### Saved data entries
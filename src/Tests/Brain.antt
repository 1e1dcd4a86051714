-- ===== src/Tests/Brain.antt =====
-- Runs of the brain, and its theorems at concrete inputs.
use arbiter_ai.Base.{
  ℕ, String, ◌≡◌, ◌≢◌, refl, none, some, Option, [], ◌∷◌, arith, eq_iff, leb, Among, if◌then◌else◌,
}
use arbiter_ai.Values.{Value, Entries}
use arbiter_ai.Schema.{Event, escalate, suppress, guardrail, prefilter}
use arbiter_ai.Guardrails.{guardrail_check, GuardrailHit, fact_downgrade, guardrail_run}
use arbiter_ai.Guardrails.Downgrade.{Covers, downgrade-Covers}
use arbiter_ai.Facts.{facts_run, checks, scope_check, scoped, unscoped, in_window}
use arbiter_ai.Facts.Scope.{verdict_of, scope_check-verdict_of}
use arbiter_ai.Facts.Window.{elapsed, in_window-elapsed}
use arbiter_ai.Memory.{memory_run}
use arbiter_ai.Memory.Facts.{fact_rows_run, scoped_fact}
use arbiter_ai.Prefilter
use arbiter_ai.Prefilter.{prefilter_run}
use arbiter_ai.Triage.Rails.{triage, triage_run}
use arbiter_ai.Triage.Stats.{Advances, triage-Advances, Balanced, triage-Balanced}
use arbiter_ai.Triage.Guarded.{triage-rail, triage-failing}
use arbiter_ai.Tests.Fixtures.{
  root_account, dump, spike, wheel_fact, agreeing, down, engine, thousandths,
}

abbrev name_of : Option GuardrailHit → String
name_of none = ""
name_of (some h) = h.name

checks_run :
    (name_of (guardrail_check dump) ≡ "credential_access")
    × (name_of (guardrail_check root_account) ≡ "privilege_expansion")
    × (name_of (guardrail_check spike) ≡ "")
unfolding guardrail_run
checks_run = (refl, refl, refl)

abbrev upload : String → Event ℕ
upload address = record spike {
  event_type = "data_upload";
  message = "uploaded an archive";
  fields = Entries.entry "dst" (Value.str address) Entries.end;
}

-- An address outside is seen, but not one in which the text of an internal prefix occurs.
exfil_run :
    (name_of (guardrail_check (upload "203.0.113.9")) ≡ "data_exfil")
    × (name_of (guardrail_check (upload "203.110.4.4")) ≡ "")
unfolding guardrail_run
exfil_run = (refl, refl)

abbrev cred_hit : GuardrailHit
cred_hit = record {
  code = "NON_SUPPRESSIBLE_CRED_ACCESS";
  name = "credential_access";
  reason = "access to credential material (shadow/SAM/ntds/lsass) is always escalated";
}

abbrev privilege_hit : GuardrailHit
privilege_hit = record {
  code = "NON_SUPPRESSIBLE_PRIVESC";
  name = "privilege_expansion";
  reason =
      "creation or elevation of a privileged account (uid-0/wheel/sudo/admin) is always escalated";
}

dump_hit : guardrail_check dump ≡ some cred_hit
unfolding guardrail_run
dump_hit = refl

cred-ne-privilege : cred_hit.name ≢ "privilege_expansion"
cred-ne-privilege = ground (arith, eq_iff "credential_access" "privilege_expansion")

triage-rail_example :
    ((triage agreeing "now" dump engine).0.decision ≡ escalate)
    × ((triage agreeing "now" dump engine).0.tier ≡ guardrail)
    × (triage agreeing "now" dump engine ≡ triage down "now" dump engine)
triage-rail_example =
    triage-rail cred_hit dump dump_hit cred-ne-privilege agreeing down "now" engine

triage-Advances_example : Advances agreeing "now" spike engine (triage agreeing "now" spike engine)
triage-Advances_example = triage-Advances agreeing "now" spike engine

triage-Balanced_example : Balanced (triage agreeing "now" spike engine).1.stats
triage-Balanced_example = triage-Balanced agreeing "now" spike engine (omega arith)

spike_outage : (triage down "now" spike engine).0.decision ≡ suppress
unfolding guardrail_run facts_run memory_run fact_rows_run prefilter_run triage_run
spike_outage = refl

triage-failing_example :
    (guardrail_check spike ≡ none)
    × ((Prefilter.prefilter spike engine.memory).0.decision ≡ suppress)
triage-failing_example =
    triage-failing down "now" spike engine (λ c s fs. ("timed out", refl)) spike_outage

wheel_downgrade :
    fact_downgrade privilege_hit root_account (wheel_fact.fact ∷ []) ≡ some wheel_fact.fact
unfolding guardrail_run
wheel_downgrade = refl

downgrade-Covers_example :
    (privilege_hit.name ≡ "privilege_expansion")
    × Among wheel_fact.fact (wheel_fact.fact ∷ [])
    × Covers root_account wheel_fact.fact
downgrade-Covers_example =
    downgrade-Covers privilege_hit root_account (wheel_fact.fact ∷ []) wheel_fact.fact
      wheel_downgrade

scope_check-verdict_of_example : (scope_check (scoped_fact wheel_fact) root_account).status ≡ (
    if scoped (scoped_fact wheel_fact)
    then verdict_of (checks (scoped_fact wheel_fact) root_account)
    else unscoped)
scope_check-verdict_of_example = scope_check-verdict_of (scoped_fact wheel_fact) root_account

-- 22:00 to 02:30 covers 02:05
in_window-elapsed_example : in_window 1320 150 125 ≡ leb (elapsed 1320 125) (elapsed 1320 150)
in_window-elapsed_example = in_window-elapsed 1320 150 125 (omega arith) (omega arith) (omega arith)

abbrev unnamed : Event ℕ
unnamed = record spike { id = ""; timestamp = "" }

### Exercise brief
Go through the data and show each line that holds "unnamed".

### Your solution
abbrev unnamed : Event ℕ
unnamed = record spike { id = ""; timestamp = "" }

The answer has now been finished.